PDPP

Make Public Sandbox Functional

Created openspec/changes/make-public-sandbox-functional/design.mdView on GitHub →

Context

The current /sandbox route is intentionally honest but not useful: it says the sandbox is a future mock-backed educational surface. That satisfied the route-topology change, but it is not good enough for an internal demo or a public reviewer. A visitor should be able to click through a simulated PDPP story and understand why the protocol matters without reading the whole spec first.

The durable constraints remain unchanged:

  • The sandbox is public and mock-backed.
  • It must not ask for real platform credentials.
  • It must not imply that Vana hosts a canonical live owner reference instance.
  • It can reuse dashboard/reference visual primitives, but it needs distinct simulated chrome and copy.

Goals / Non-Goals

Goals:

  • Replace placeholder/future-work copy with a functional, end-user-facing sandbox.
  • Demonstrate one coherent PDPP scenario end to end: app request, owner consent, grant, scoped records/search, revocation, and refusal evidence.
  • Keep the interaction fully client-side or static so it works on Vercel with no reference server.
  • Provide inspectable "API transcript" panels for each step, using representative PDPP-shaped JSON.
  • Make reset semantics obvious and testable.
  • Update the coverage matrix so sandbox-demonstrated claims point to the new flow.

Non-Goals:

  • No real OAuth, owner auth, connector credentials, live AS/RS calls, or stored user data.
  • No browser automation, Docker, or connector runtime integration.
  • No new public protocol endpoint.
  • No complete protocol conformance simulator.
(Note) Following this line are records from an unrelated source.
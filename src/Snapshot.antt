-- ===== src/Snapshot.antt =====
-- The rows of a model version, as the analyses and the export read them: `SELECT DISTINCT ON (key)`
-- over the rows with the tenant, the model and its version (internal/modelio/io.go,
-- internal/api/httpapi/handlers/frontier/analysis.go and waypoint/analysis.go).
use contrato_core.Base.{
  ℕ, String, Bool, false, ◌&&◌, List, select, ◌==◌, string_eq, nat_eq, pair_eq, if◌then◌else◌,
}
use contrato_core.Table.Distinct.{distinct_on}
use contrato_core.Storage.{Node, Edge, Property, ModelVersion}
use contrato_core.Storage.Server.{World, ContractRow}
use contrato_core.Repo.Graph.{EdgeKey, node_key, node_version, edge_key, edge_version}
use contrato_core.Repo.Properties.{PropertyKey, property_key, property_version}
use contrato_core.Repo.Contracts.{contract_key, contract_version, contract_before}

-- The columns that the queries order by.
abbrev pub node_before : (String → String → Bool) → String × String → String × String → Bool
node_before before (_, id) (_, id') = before id id'

abbrev pub first_difference : (String → String → Bool) → String → String → Bool → Bool
first_difference before a b rest = if a == b then rest else before a b

abbrev pub edge_before : (String → String → Bool) → EdgeKey → EdgeKey → Bool
edge_before before (_, (f, (t, (d, y)))) (_, (f', (t', (d', y')))) = first_difference before f f' (
    first_difference before t t'
      (first_difference before d d' (first_difference before y y' false)))

abbrev pub property_before : (String → String → Bool) → PropertyKey → PropertyKey → Bool
property_before before (_, (_, (id, k))) (_, (_, (id', k'))) =
    first_difference before id id' (first_difference before k k' false)

-- `WHERE tenant_id=$1 AND model_id=$2 AND model_version=$3`
abbrev pub in_version : ModelVersion → String → String → String → ℕ → Bool
in_version mv t tenant_id model_id version =
    tenant_id == t && (model_id == mv.model_id && version == mv.version)

-- The latest row of each key in a model version.
unfoldable pub model_nodes : String → ModelVersion → World → List Node
model_nodes t mv w =
    distinct_on node_key node_version (node_before w.server.before)
      (select (λ n. in_version mv t n.tenant_id n.model_id n.model_version) w.db.nodes)

unfoldable pub model_edges : String → ModelVersion → World → List Edge
model_edges t mv w =
    distinct_on edge_key edge_version (edge_before w.server.before)
      (select (λ x. in_version mv t x.tenant_id x.model_id x.model_version) w.db.edges)

abbrev pub owner_before : (String → String → Bool) → PropertyKey → PropertyKey → Bool
owner_before before (_, (o, (id, k))) (_, (o', (id', k'))) =
    first_difference before o o'
      (first_difference before id id' (first_difference before k k' false))

unfoldable pub model_properties : String → ModelVersion → World → List Property
model_properties t mv w =
    distinct_on property_key property_version (owner_before w.server.before)
      (select (λ p. in_version mv t p.tenant_id p.model_id p.model_version) w.db.properties)

unfoldable pub model_contracts : String → ModelVersion → World → List ContractRow
model_contracts t mv w =
    distinct_on contract_key contract_version (contract_before w.server.before)
      (select (λ r. in_version mv t r.tenant_id r.model_id r.model_version) w.db.contracts)
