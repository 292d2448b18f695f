-- ===== src/Bundle/Import.antt =====
-- `ImportBundle` of internal/modelio/io.go. It is a sequence of repository calls, each a statement or
-- two, with no transaction around them.
pub mod Sound
pub mod Fresh
pub mod Written
pub mod Kinds
pub mod Apart
pub mod Complete
pub mod Steps
pub mod Live
use contrato_core.Base.{
  String, ◌<>◌, Bool, true, false, not, Option, none, List, ◌==◌, string_eq, if◌then◌else◌,
}
use contrato_core.Json.{Map}
use contrato_core.Storage.{Result, ok, err, message, Tenant, ModelVersion, PutOptions}
use contrato_core.Storage
use contrato_core.Storage.Server.{World}
use contrato_core.Storage.Exec.{Exec, pure, fail, reject_if, for_each, wrap, ◌>>=◌, ◌>>◌}
use contrato_core.Repo.ModelVersions.{create}
use contrato_core.Repo.Graph.{put_node, put_edge}
use contrato_core.Repo.Properties.{put_property}
use contrato_core.Repo.Contracts.{put_contract}
use contrato_core.Repo.Registries.{create_tenant, get_tenant_by_name, create_type, create_status}
use contrato_core.Bundle
use contrato_core.Bundle.{Bundle}

-- The options of import and export.
pub record Options : Type 0 where
  pub with_contracts : Bool
  pub tenant_name : String
  pub output_path : String
  pub input_path : String
  pub enable_imported : Bool
  pub change_note : String

abbrev pub no_options : PutOptions
no_options = record { expected_version = none }

-- `firstNonEmpty`
abbrev pub first_non_empty : String → String → String
first_non_empty v default = if not (v == "") then v else default

-- The name of the tenant: the option, or that of the bundle.
abbrev pub tenant_name_of : Options → Bundle → String
tenant_name_of opts b = if opts.tenant_name == "" then b.tenant_name else opts.tenant_name

-- Whatever the error of `GetByName` is, the tenant is created.
abbrev pub or_create : String → Result Tenant × World → Result Tenant × World
or_create name (ok t, w) = (ok t, w)
or_create name (err _, w) = create_tenant name w

unfoldable pub find_or_create : String → Exec Tenant
find_or_create name w = or_create name (get_tenant_by_name name w)

abbrev pub model_status : Options → Bundle → String
model_status opts b =
    if opts.enable_imported
    then "enabled"
    else if not (b.model.status == "")
    then b.model.status
    else "draft"

-- The model version that is created: its number comes from the repository.
abbrev pub model_record : Options → Bundle → Tenant → ModelVersion
model_record opts b t = record {
  tenant_id = t.id;
  model_id = b.model.model_id;
  version = 0;
  status = model_status opts b;
  change_note = if opts.change_note == "" then b.model.change_note else opts.change_note;
  created_at = 0;
  updated_at = 0;
}

unfoldable pub import_status : Tenant → Bundle.Status → Exec Storage.Status
import_status t s =
    wrap ("create status " <> s.domain <> ":" <> s.name)
      (create_status (record { tenant_id = t.id; domain = s.domain; name = s.name }))

unfoldable pub import_type : Tenant → Bundle.Kind → Exec Storage.Kind
import_type t k =
    wrap ("create type " <> k.domain <> ":" <> k.name)
      (create_type (record { tenant_id = t.id; domain = k.domain; name = k.name }))

-- `marshal` is `json.Marshal` of a map, which a nil map turns into the text `null`.
module _ (marshal : Map → String) where
  abbrev pub node_record : Tenant → ModelVersion → Bundle.Node → Storage.Node
  node_record t mv n = record {
    tenant_id = t.id;
    id = n.id;
    domain = first_non_empty n.domain "node";
    type = n.type;
    model_id = mv.model_id;
    model_version = mv.version;
    version = 0;
    blob = marshal n.blob;
    created_at = 0;
    updated_at = 0;
  }

  abbrev pub edge_record : Tenant → ModelVersion → Bundle.Edge → Storage.Edge
  edge_record t mv x = record {
    tenant_id = t.id;
    from_id = x.from_id;
    to_id = x.to_id;
    domain = first_non_empty x.domain "edge";
    type = x.type;
    model_id = mv.model_id;
    model_version = mv.version;
    version = 0;
    blob = marshal x.blob;
    created_at = 0;
    updated_at = 0;
  }

  abbrev pub property_record : Tenant → ModelVersion → Bundle.Property → Storage.Property
  property_record t mv p = record {
    tenant_id = t.id;
    owner_type = p.owner_type;
    owner_id = p.owner_id;
    key = p.key;
    value_json = marshal p.value;
    model_id = mv.model_id;
    model_version = mv.version;
    version = 0;
  }

  abbrev pub contract_record : Tenant → ModelVersion → Bundle.Contract → Storage.ContractRecord
  contract_record t mv c = record {
    tenant_id = t.id;
    id = c.id;
    domain = first_non_empty c.domain "contract";
    type = c.type;
    status = c.status;
    action = c.action;
    model_id = mv.model_id;
    model_version = mv.version;
    version = 0;
    blob = marshal c.blob;
    created_at = 0;
    updated_at = 0;
  }

  unfoldable pub import_node : Tenant → ModelVersion → Bundle.Node → Exec Storage.Node
  import_node t mv n = wrap "put node" (put_node (node_record t mv n) no_options)

  unfoldable pub import_edge : Tenant → ModelVersion → Bundle.Edge → Exec Storage.Edge
  import_edge t mv x = wrap "put edge" (put_edge (edge_record t mv x) no_options)

  unfoldable pub import_property : Tenant → ModelVersion → Bundle.Property → Exec Storage.Property
  import_property t mv p = wrap "put property" (put_property (property_record t mv p) no_options)

  unfoldable pub import_contract :
      Tenant → ModelVersion → Bundle.Contract → Exec Storage.ContractRecord
  import_contract t mv c = wrap "put contract" (put_contract (contract_record t mv c) no_options)

  -- The four loops after the model version is created.
  unfoldable pub import_contents : Bool → Bundle → Tenant → ModelVersion → Exec (Unit {0})
  import_contents with_contracts b t mv = do
    for_each (import_node t mv) b.nodes
    for_each (import_edge t mv) b.edges
    for_each (import_property t mv) b.properties
    if with_contracts then for_each (import_contract t mv) b.contracts else pure tt

  -- From the decoded bundle on.
  unfoldable pub import_decoded : Options → Bundle → Exec (Unit {0})
  import_decoded opts b = do
    reject_if (tenant_name_of opts b == "")
        (message "tenant name missing (use --tenant or bundle.tenant.name)")
    t ← find_or_create (tenant_name_of opts b)
    for_each (import_status t) b.statuses
    for_each (import_type t) b.types
    mv ← create (model_record opts b t)
    import_contents opts.with_contracts b t mv

  -- `read_file` is `os.ReadFile`, and `decode` is `json.Unmarshal` into a bundle.
  module _ (read_file : String → Result String) (decode : String → Result Bundle) where
    abbrev pub and_decode : Result String → Result Bundle
    and_decode (ok raw) = decode raw
    and_decode (err x) = err x

    abbrev pub and_import : Options → Result Bundle → Exec (Unit {0})
    and_import opts (ok b) = import_decoded opts b
    and_import opts (err x) = fail x

    unfoldable pub import_bundle : Options → Exec (Unit {0})
    import_bundle opts = do
      reject_if (opts.input_path == "") (message "input path required")
      and_import opts (and_decode (read_file opts.input_path))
This tranche is a polished vertical slice, not every PDPP flow.
  • No localStorage persistence unless it is intentionally resettable and clearly labeled as per-browser demo state.

Decisions

1. Build a scenario-first sandbox, not a fake dashboard

The page should feel like a guided product demo for someone evaluating PDPP. It should answer: "What can an app ask for, what does the owner approve, what data is returned, and what happens after revocation?"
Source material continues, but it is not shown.